Vorlesen als Pflicht: Eine Erfolgsgeschichte an der Heilbronner Wartbergschule

   | 
Lesezeit  1 Min
Erfolgreich kopiert!

Auf Vorlesen setzen Grundschulen schon lange. Vor einigen Monaten machte das Kultusministerium Angebote zur Verpflichtung. Ähnliches könnte es bald auch in einem anderen Fach geben.

Zusammen in der Wartbergschule Heilbronn: Thomas Riecke-Baulecke, der das Zentrum für Schulqualität und Lehrerbildung (ZSL) leitet, und Rektorin Tina Riek-Hessenthaler.
Zusammen in der Wartbergschule Heilbronn: Thomas Riecke-Baulecke, der das Zentrum für Schulqualität und Lehrerbildung (ZSL) leitet, und Rektorin Tina Riek-Hessenthaler.  Foto: Gajer, Simon

Anderen Menschen vorlesen, in der Gruppe gemeinsam lesen, darauf setzt die Wartberggrundschule in Heilbronn schon lange. Das Kultusministerium hat vor gut zwei Jahren ein verpflichtendes Lesetraining in den Grundschulen eingefordert. An allen Bildungsstätten wird nun zwei Mal wöchentlich für 20 Minuten laut gelesen.

Das auch an der Wartbergschule aus den freiwilligen Ideen eine Pflicht wurde, hat zu Erfolgen geführt, erzählt Rektorin Tina Riek-Hessenthaler, als sie kürzlich hohen Besuch durch die Schule begleitet: Unter anderem schaut sich Thomas Riecke-Baulecke, der das Zentrum für Schulqualität und Lehrerbildung (ZSL) leitet, die Leseförderung an.

 Wartberggrundschule Heilbronn: Aus dem Vorlesen wird soziales Lernen

Vom Weg der Wartbergschule ist Thomas Riecke-Baulecke begeistert. Als vorbildlich bewertet er beispielsweise Lese-Tandems. Ein guter Schüler und ein schwacher lesen sich gegenseitig vor. Klappt etwas nicht, verbessern sie sich. So wird Vorlesen zu mehr als reiner Lektüre: Die Kinder reden miteinander, sie haben „soziales Lernen beim Lesen“, sagt er.

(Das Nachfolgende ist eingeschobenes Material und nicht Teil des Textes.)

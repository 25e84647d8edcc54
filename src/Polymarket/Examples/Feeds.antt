-- ===== src/Polymarket/Examples/Feeds.antt =====
-- The theorems on polymarket/core/market_feed.go at a concrete feed.
use mathlib.Core.List.{Permᴰ}
use calculated_tennis.Base.{
  ℕ, ◌+◌, ◌*◌, ◌^◌, ◌≤◌, min, ◌≡◌, refl, true, false, Option, none, some, List, [], ◌∷◌, Text,
  codes, text_eq, All, length, inl,
}
use calculated_tennis.Polymarket.Channels.{occurrences}
use calculated_tennis.Polymarket.Subscribers.{
  Subscriber, Subscribers, add_subscriber, has_key, entry, all_channels, channels_of,
}
use calculated_tennis.Polymarket.Subscribers.Entries.{Tidy, add_subscriber-Tidy, nil-Tidy}
use calculated_tennis.Polymarket.Events.{failure}
use calculated_tennis.Polymarket.MarketFeed.{
  World, Decoder, new_market_feed, subscribe, broadcast_error, broadcast_to,
}
use calculated_tennis.Polymarket.MarketFeed.Loop.{
  Loop, Action, Turn, own, subscribes, unsubscribes, proceed, dial_gives, sends, run, start,
  checking, opened, looking,
}
use calculated_tennis.Polymarket.MarketFeed.Coverage.{is_wired}
use calculated_tennis.Polymarket.MarketFeed.Keeps.{healthy}
use calculated_tennis.Polymarket.MarketFeed.Subscribed.{run-subscribed}
use calculated_tennis.Polymarket.MarketFeed.Shutdown.{
  failed_rounds, failed_rounds-delay, owns, rank, run-ends,
}
use calculated_tennis.Polymarket.MarketFeed.Race.{unsubscribe-race}
use calculated_tennis.Polymarket.MarketFeed.Delivery.{
  filled, broadcast_error-filled, broadcast_to-filled,
}

-- A decoder that knows no message; decimals are numbers, times are not needed.
abbrev blind : Decoder ℕ
blind = record {
  is_json = λ _. false;
  base = λ _. none;
  price_event = λ _. none;
  book_event = λ _. none;
  resolved_event = λ _. none;
  new_market_event = λ _. none;
}

abbrev quiet : World ℕ ℕ
quiet = record {
  feed = new_market_feed (codes "ATP");
  channels = λ _. record { buffer = []; capacity = 2 };
  written = [];
  closed = [];
  started = [];
}

abbrev yes_token : Text
yes_token = codes "yes"

-- The loop connects; a token is subscribed after the tokens are collected.
abbrev connects : List Action
connects =
    own proceed
    ∷ own (dial_gives 7)
    ∷ own proceed
    ∷ own proceed
    ∷ subscribes true yes_token (codes "Yes") 3
    ∷ own (sends true)
    ∷ []

abbrev last_of : Option (Loop ℕ ℕ) → Loop ℕ ℕ
last_of none = start quiet
last_of (some l) = l

connected : Loop ℕ ℕ
connected = last_of (run blind connects (start quiet))

run-connects : run blind connects (start quiet) ≡ some connected
unfolding connected run start new_market_feed subscribe has_key
run-connects = refl

connects-healthy : All (λ a. healthy a ≡ true) connects
connects-healthy = (refl, (refl, (refl, (refl, (refl, (refl, tt))))))

connected-checking : connected.phase ≡ checking 7
unfolding connected run start new_market_feed subscribe has_key
connected-checking = refl

connected-conn : connected.world.feed.conn ≡ some 7
unfolding connected run start new_market_feed subscribe has_key
connected-conn = refl

connected-has_key : has_key text_eq yes_token connected.world.feed.subscribers ≡ true
unfolding connected run start new_market_feed subscribe has_key add_subscriber
connected-has_key = refl

run-subscribed_example : is_wired 7 yes_token false connected.world.written ≡ true
run-subscribed_example =
    run-subscribed blind quiet (codes "ATP") connects connected 7 yes_token refl run-connects
      connects-healthy (inl connected-checking) connected-conn connected-has_key

-- A listener of the token on channel 3.
abbrev listener : Subscriber
listener = record { name = codes "Yes"; ch = 3 }

abbrev one_listener : World ℕ ℕ
one_listener = subscribe true yes_token (codes "Yes") 3 quiet

-- Two listeners of two tokens, on channel 3.
abbrev shared_channel : World ℕ ℕ
shared_channel = subscribe true (codes "no") (codes "No") 3 one_listener

abbrev reversed : Subscribers Text
reversed = (codes "no", record { name = codes "No"; ch = 3 } ∷ []) ∷ (yes_token, listener ∷ []) ∷ []

shared_channel-Permᴰ : Permᴰ shared_channel.feed.subscribers reversed
unfolding subscribe has_key new_market_feed add_subscriber
shared_channel-Permᴰ = Permᴰ.swap refl refl

broadcast_error-filled_example :
    ((broadcast_error (codes "down") shared_channel).channels 3).buffer
    ≡ filled
        (occurrences 3 (all_channels reversed))
        (failure (codes "down"))
        (shared_channel.channels 3)
broadcast_error-filled_example =
    broadcast_error-filled (codes "down") shared_channel reversed 3 shared_channel-Permᴰ

broadcast_to-filled_example :
    ((broadcast_to yes_token (failure []) one_listener).channels 3).buffer
    ≡ filled
        (occurrences 3 (channels_of (entry text_eq yes_token one_listener.feed.subscribers)))
        (failure [])
        (one_listener.channels 3)
broadcast_to-filled_example = broadcast_to-filled yes_token (failure []) one_listener 3

begun : Loop ℕ ℕ
begun = start quiet

begun-looking : begun.phase ≡ looking
unfolding begun start
begun-looking = refl

begun-live : begun.cancelled ≡ false
unfolding begun start
begun-live = refl

failed_rounds-delay_example :
    (l' : Loop ℕ ℕ) × (run blind (failed_rounds (codes "refused") 3) begun ≡ some l')
    × (l'.phase ≡ looking)
    × (l'.cancelled ≡ false)
    × (l'.world.feed ≡ begun.world.feed)
    × (l'.delay ≡ min (begun.delay * 2 ^ 3) begun.world.feed.reconnect_max)
failed_rounds-delay_example =
    failed_rounds-delay blind (codes "refused") 2 begun begun-looking begun-live

-- The loop at the step that collects the tokens, with one listener.
abbrev collecting : Loop ℕ ℕ
collecting = record {
  world = record one_listener { feed = record (one_listener.feed) { conn = some 7 } };
  delay = 1;
  phase = opened 7;
  cancelled = true;
}

one_listener-Tidy : Tidy text_eq one_listener.feed.subscribers
unfolding subscribe has_key new_market_feed
one_listener-Tidy = add_subscriber-Tidy text_eq yes_token listener [] (nil-Tidy text_eq)

one_listener-entry : entry text_eq yes_token one_listener.feed.subscribers ≡ listener ∷ []
unfolding subscribe has_key new_market_feed entry add_subscriber
one_listener-entry = refl

unsubscribe-race_example :
    (l' : Loop ℕ ℕ) × (run blind
        (own proceed ∷ unsubscribes true yes_token 3 ∷ own (sends true) ∷ [])
        collecting
      ≡ some l')
    × (l'.phase ≡ checking 7)
    × (has_key text_eq yes_token l'.world.feed.subscribers ≡ false)
    × (is_wired 7 yes_token false l'.world.written ≡ true)
unsubscribe-race_example =
    unsubscribe-race blind collecting 7 yes_token listener refl refl one_listener-Tidy
      one_listener-entry

abbrev last_turns : List Turn
last_turns = proceed ∷ sends true ∷ proceed ∷ []

stopping : Loop ℕ ℕ
stopping = last_of (run blind (owns last_turns) collecting)

run-stopping : run blind (owns last_turns) collecting ≡ some stopping
unfolding stopping run subscribe has_key new_market_feed add_subscriber
run-stopping = refl

run-ends_example : length last_turns + rank stopping.phase ≤ rank collecting.phase
run-ends_example = run-ends blind last_turns collecting stopping refl run-stopping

An der Wartbergschule lesen Kinder auch in der ganzen Klasse zusammen. Von „Lernen im Gleichschritt“ möchte Thomas Riecke-Baulecke nicht sprechen. „Alle Schüler werden aktiviert, alle müssen lesen.“ In spielerischer Form würde an der Wartbergschule vorgelesen. Auch der Beamer an der Tafel kommt zum Einsatz. „Das aktiviert alle.“

Nachholbedarf in Mathe: Möglicherweise auch hier die Pflicht zum Üben

Riecke-Baulecke möchte schauen, wie sich die Lesebänder entwickeln. Bislang gibt es solche verpflichtende Übungen nur in Deutsch. Denkbar sind für ihn ähnliche Angebote ebenfalls in Mathe, denn auch in diesem Fach schnitten Schüler zuletzt bei Leistungsvergleichen sehr schlecht ab. Das ZSL tauscht sich mit dem Kultusministerium in Stuttgart über die Mathe-Angebote aus. Verpflichtende Mathe-Angebote wie schon jetzt beim Vorlesen würde Rektorin Riek-Hessenthaler begrüßen – nicht nur, weil sie selbst Mathe unterrichtet. „Hier ist noch viel Luft nach oben.“

Sorgenkind, das weiß Thomas Riecke-Baulecke, sind in Mathe aber nicht nur die Grundschulen. An weiterführenden Schulen sagten viele Kinder: „Mathe kann ich nicht.“ Die Motivation nehme ab, sagt der Leiter des ZSL. Er selbst nutzt deshalb Möglichkeiten, die Jugendlichen vom Gegenteil zu überzeugen. Einen Hauptschüler ließ er kürzlich nach einem ähnlichen Zitat kurz im Kopf rechnen – klappt doch, merkten sie.